-------- Provided material

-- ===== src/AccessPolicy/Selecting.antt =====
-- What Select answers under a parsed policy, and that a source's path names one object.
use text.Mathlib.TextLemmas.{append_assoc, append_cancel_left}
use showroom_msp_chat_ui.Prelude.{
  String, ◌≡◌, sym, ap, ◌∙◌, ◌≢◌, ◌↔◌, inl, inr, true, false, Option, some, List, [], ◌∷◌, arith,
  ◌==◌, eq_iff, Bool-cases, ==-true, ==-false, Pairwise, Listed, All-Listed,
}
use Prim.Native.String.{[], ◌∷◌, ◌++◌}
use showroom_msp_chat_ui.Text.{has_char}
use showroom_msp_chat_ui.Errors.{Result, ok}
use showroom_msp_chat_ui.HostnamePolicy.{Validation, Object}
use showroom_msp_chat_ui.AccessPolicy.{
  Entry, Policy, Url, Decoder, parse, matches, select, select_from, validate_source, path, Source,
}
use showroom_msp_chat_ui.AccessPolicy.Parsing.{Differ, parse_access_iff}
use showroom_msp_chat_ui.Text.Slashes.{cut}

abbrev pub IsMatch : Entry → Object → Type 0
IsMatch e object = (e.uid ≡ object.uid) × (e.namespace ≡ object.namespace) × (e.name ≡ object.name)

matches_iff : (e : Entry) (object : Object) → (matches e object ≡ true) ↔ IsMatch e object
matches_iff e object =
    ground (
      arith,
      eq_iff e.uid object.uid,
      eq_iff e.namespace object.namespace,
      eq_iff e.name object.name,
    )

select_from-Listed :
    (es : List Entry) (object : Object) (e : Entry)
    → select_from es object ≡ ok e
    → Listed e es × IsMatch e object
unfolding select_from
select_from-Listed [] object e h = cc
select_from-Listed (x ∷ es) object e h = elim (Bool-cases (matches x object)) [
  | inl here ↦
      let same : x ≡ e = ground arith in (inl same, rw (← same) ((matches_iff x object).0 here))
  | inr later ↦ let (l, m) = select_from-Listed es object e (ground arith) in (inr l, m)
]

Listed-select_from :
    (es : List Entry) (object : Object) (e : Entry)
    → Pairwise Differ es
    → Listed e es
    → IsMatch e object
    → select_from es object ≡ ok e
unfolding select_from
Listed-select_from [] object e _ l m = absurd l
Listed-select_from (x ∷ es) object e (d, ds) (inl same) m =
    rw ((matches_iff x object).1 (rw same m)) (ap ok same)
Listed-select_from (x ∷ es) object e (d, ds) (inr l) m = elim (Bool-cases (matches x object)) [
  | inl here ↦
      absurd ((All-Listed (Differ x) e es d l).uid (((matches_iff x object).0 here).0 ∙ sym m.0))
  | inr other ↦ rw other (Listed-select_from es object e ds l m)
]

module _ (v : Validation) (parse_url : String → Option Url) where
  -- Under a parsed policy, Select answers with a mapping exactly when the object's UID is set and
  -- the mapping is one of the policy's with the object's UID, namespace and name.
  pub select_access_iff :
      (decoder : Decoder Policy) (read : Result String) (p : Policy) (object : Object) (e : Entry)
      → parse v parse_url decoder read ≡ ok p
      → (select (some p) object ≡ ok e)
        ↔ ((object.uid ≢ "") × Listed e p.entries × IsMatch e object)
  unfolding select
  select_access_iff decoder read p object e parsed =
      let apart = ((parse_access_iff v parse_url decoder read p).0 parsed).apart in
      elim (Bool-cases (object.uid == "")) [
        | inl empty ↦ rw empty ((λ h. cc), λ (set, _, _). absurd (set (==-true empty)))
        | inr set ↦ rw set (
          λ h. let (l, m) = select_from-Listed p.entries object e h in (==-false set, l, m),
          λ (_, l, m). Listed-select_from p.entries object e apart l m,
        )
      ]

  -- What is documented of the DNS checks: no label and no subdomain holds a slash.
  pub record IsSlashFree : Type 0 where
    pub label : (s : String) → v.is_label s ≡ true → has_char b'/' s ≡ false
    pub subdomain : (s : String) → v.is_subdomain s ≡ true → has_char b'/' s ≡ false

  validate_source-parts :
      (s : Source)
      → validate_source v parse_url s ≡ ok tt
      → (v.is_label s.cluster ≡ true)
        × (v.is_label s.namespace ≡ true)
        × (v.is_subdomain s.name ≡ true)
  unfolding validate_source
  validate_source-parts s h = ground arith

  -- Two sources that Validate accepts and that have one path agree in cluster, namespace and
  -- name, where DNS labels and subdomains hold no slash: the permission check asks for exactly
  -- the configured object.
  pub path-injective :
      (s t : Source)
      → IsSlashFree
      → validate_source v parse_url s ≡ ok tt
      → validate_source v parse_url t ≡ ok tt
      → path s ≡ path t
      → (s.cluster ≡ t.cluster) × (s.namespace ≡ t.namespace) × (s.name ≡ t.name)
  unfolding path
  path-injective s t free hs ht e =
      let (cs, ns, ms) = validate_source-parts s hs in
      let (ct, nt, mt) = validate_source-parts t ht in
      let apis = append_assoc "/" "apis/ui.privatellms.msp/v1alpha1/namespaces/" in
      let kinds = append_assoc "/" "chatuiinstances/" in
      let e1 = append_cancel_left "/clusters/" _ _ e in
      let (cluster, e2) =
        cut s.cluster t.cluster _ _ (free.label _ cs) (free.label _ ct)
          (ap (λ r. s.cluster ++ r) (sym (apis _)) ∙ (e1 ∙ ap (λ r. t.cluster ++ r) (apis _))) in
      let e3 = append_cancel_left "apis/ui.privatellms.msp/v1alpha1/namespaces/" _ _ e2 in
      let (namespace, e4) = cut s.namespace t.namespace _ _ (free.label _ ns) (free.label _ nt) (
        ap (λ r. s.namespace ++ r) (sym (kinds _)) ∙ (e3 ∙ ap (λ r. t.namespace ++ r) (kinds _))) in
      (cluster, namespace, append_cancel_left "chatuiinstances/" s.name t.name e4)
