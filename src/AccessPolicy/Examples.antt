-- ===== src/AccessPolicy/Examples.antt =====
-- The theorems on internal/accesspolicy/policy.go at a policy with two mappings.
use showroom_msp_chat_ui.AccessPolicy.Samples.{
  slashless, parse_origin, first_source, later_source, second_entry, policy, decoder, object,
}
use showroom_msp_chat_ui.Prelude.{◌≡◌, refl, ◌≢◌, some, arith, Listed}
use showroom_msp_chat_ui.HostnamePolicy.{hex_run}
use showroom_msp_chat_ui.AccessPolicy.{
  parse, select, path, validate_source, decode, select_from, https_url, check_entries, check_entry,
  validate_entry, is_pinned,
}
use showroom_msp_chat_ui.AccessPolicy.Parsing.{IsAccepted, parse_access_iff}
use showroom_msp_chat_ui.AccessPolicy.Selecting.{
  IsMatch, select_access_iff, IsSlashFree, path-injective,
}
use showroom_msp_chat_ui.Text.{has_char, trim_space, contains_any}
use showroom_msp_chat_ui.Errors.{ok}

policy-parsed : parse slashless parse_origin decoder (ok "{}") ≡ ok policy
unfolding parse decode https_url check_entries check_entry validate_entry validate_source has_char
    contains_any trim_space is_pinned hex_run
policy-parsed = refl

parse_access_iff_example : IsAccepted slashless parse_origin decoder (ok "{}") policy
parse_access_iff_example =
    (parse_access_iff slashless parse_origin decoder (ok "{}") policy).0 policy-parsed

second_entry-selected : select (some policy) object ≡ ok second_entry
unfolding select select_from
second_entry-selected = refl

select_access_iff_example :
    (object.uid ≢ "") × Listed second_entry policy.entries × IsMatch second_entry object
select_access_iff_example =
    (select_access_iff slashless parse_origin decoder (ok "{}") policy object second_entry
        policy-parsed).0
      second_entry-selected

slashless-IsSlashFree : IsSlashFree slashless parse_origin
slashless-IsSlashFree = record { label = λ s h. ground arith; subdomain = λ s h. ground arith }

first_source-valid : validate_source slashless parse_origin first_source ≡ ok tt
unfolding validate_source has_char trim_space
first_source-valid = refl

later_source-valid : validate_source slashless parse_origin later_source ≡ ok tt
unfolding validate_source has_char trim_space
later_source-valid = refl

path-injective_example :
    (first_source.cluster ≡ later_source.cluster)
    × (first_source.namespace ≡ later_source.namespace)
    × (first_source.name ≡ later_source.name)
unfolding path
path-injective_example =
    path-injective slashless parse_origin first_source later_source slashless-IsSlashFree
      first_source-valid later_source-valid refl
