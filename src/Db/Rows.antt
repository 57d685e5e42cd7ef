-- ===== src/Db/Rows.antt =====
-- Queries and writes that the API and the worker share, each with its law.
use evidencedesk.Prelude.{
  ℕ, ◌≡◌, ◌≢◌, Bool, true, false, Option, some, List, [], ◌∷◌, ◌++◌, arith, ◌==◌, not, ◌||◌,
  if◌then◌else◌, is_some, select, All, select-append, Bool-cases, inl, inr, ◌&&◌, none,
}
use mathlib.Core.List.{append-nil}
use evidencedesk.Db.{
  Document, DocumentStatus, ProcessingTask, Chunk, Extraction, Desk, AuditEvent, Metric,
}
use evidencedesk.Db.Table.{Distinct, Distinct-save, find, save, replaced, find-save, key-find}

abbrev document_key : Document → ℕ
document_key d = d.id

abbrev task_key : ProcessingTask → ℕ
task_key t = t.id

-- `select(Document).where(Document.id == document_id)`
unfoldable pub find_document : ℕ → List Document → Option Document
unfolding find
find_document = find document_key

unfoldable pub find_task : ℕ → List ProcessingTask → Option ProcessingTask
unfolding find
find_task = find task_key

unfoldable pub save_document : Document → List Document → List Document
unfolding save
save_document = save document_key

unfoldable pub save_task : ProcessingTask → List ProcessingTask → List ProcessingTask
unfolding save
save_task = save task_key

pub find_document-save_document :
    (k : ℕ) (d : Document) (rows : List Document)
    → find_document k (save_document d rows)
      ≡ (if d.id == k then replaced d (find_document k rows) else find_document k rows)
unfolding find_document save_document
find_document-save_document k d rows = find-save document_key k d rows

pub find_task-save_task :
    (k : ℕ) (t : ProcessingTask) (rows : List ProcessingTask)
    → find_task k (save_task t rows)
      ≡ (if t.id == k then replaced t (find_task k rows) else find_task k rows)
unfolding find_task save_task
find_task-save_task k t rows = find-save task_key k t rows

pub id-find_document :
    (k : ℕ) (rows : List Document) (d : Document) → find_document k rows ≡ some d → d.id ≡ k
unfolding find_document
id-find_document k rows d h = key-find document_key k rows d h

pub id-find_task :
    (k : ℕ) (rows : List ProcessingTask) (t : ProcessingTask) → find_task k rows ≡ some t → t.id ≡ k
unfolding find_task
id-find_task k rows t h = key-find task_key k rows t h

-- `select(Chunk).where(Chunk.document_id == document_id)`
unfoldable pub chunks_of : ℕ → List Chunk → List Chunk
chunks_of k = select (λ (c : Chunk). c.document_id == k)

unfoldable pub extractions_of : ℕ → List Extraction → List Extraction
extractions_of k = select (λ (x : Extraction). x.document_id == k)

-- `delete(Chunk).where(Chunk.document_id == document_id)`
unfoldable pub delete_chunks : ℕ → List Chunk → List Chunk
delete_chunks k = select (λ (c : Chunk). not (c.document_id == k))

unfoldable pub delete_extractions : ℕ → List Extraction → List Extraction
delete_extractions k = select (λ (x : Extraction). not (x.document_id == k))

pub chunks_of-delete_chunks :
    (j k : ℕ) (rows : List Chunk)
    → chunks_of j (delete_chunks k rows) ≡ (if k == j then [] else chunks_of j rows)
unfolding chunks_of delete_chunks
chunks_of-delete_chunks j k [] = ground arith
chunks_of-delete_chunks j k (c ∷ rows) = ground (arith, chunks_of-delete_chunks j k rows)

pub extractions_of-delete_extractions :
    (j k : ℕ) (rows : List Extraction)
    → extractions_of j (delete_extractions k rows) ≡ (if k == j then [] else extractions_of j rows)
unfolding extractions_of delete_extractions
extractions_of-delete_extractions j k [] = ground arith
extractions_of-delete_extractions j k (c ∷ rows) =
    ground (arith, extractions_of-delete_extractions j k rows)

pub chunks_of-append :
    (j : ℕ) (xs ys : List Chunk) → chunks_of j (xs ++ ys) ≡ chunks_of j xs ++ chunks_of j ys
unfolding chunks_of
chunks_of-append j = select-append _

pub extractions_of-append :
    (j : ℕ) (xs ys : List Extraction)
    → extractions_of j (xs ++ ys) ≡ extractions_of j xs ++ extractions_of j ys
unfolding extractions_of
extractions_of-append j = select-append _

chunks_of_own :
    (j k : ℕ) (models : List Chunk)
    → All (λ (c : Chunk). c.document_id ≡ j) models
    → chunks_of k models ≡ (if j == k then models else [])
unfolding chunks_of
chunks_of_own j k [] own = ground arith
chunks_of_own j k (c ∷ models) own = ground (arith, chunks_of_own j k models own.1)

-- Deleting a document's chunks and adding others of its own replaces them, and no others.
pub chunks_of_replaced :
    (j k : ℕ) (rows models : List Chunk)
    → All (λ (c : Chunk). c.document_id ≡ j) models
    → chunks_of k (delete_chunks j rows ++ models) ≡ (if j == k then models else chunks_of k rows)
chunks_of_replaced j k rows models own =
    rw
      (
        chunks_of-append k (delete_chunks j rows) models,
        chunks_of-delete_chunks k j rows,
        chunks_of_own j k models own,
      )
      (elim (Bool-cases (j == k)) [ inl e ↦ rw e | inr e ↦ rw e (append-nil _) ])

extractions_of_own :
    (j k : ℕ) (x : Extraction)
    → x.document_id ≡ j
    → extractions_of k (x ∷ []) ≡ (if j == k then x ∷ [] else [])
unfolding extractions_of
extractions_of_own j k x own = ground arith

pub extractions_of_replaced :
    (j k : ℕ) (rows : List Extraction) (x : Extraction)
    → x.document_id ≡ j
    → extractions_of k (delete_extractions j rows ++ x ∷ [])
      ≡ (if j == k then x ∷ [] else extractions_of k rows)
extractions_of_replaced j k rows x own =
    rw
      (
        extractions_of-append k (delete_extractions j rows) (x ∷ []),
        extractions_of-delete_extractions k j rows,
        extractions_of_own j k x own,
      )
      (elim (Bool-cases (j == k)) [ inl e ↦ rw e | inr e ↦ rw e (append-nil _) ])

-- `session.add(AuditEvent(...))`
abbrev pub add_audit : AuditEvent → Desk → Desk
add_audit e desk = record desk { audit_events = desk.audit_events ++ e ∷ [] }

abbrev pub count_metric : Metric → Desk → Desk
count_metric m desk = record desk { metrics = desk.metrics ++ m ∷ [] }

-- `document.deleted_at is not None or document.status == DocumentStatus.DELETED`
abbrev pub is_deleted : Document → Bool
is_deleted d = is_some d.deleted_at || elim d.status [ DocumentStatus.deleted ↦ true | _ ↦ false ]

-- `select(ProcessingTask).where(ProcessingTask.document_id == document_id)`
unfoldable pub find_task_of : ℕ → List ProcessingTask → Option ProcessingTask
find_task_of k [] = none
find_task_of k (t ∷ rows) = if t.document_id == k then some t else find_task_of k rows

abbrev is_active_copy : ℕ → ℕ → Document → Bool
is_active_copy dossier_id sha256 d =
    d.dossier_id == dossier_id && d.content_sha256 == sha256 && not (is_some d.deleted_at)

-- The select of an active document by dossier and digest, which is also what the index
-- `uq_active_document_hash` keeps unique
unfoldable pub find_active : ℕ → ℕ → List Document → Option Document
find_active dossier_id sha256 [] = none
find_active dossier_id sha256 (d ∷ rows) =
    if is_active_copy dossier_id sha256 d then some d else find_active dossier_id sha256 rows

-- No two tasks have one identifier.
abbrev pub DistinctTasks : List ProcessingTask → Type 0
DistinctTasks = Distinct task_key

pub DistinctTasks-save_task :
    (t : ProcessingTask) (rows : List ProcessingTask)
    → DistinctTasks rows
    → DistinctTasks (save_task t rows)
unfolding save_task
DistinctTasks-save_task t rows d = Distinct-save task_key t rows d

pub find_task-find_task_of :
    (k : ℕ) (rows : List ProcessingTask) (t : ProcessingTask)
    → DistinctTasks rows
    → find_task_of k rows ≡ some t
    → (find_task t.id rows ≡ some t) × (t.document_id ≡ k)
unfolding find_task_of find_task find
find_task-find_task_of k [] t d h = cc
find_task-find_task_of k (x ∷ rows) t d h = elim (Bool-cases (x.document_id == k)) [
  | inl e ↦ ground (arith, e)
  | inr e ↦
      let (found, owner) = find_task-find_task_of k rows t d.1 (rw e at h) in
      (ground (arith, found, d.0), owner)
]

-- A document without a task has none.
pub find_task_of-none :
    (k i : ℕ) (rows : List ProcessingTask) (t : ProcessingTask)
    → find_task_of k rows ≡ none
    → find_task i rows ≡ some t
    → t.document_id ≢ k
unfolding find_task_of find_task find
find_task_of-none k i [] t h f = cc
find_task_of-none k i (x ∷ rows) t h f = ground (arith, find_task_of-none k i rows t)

----------------

● Exercise directions
Copy exactly the stretch of data above from the line with "policy-parsed = refl" through the line with "repository 57d685e5e42cd7ef", and omit all other lines.

● Completed task
policy-parsed = refl

parse_access_iff_example : IsAccepted slashless parse_origin decoder (ok "{}") policy
parse_access_iff_example =
    (parse_access_iff slashless parse_origin decoder (ok "{}") policy).0 policy-parsed

second_entry-selected : select (some policy) object ≡ ok second_entry
unfolding select select_from
second_entry-selected = refl

select_access_iff_example :
    (object.uid ≢ "") × Listed second_entry policy.entries × IsMatch second_entry object
select_access_iff_example =
    (select_access_iff slashless parse_origin decoder (ok "{}") policy object second_entry
        policy-parsed).0
      second_entry-selected

slashless-IsSlashFree : IsSlashFree slashless parse_origin
slashless-IsSlashFree = record { label = λ s h. ground arith; subdomain = λ s h. ground arith }

first_source-valid : validate_source slashless parse_origin first_source ≡ ok tt
unfolding validate_source has_char trim_space
first_source-valid = refl

later_source-valid : validate_source slashless parse_origin later_source ≡ ok tt
unfolding validate_source has_char trim_space
later_source-valid = refl

path-injective_example :
    (first_source.cluster ≡ later_source.cluster)
    × (first_source.namespace ≡ later_source.namespace)
    × (first_source.name ≡ later_source.name)
unfolding path
path-injective_example =
    path-injective slashless parse_origin first_source later_source slashless-IsSlashFree
      first_source-valid later_source-valid refl
filename src/Db/Rows.antt
repository 57d685e5e42cd7ef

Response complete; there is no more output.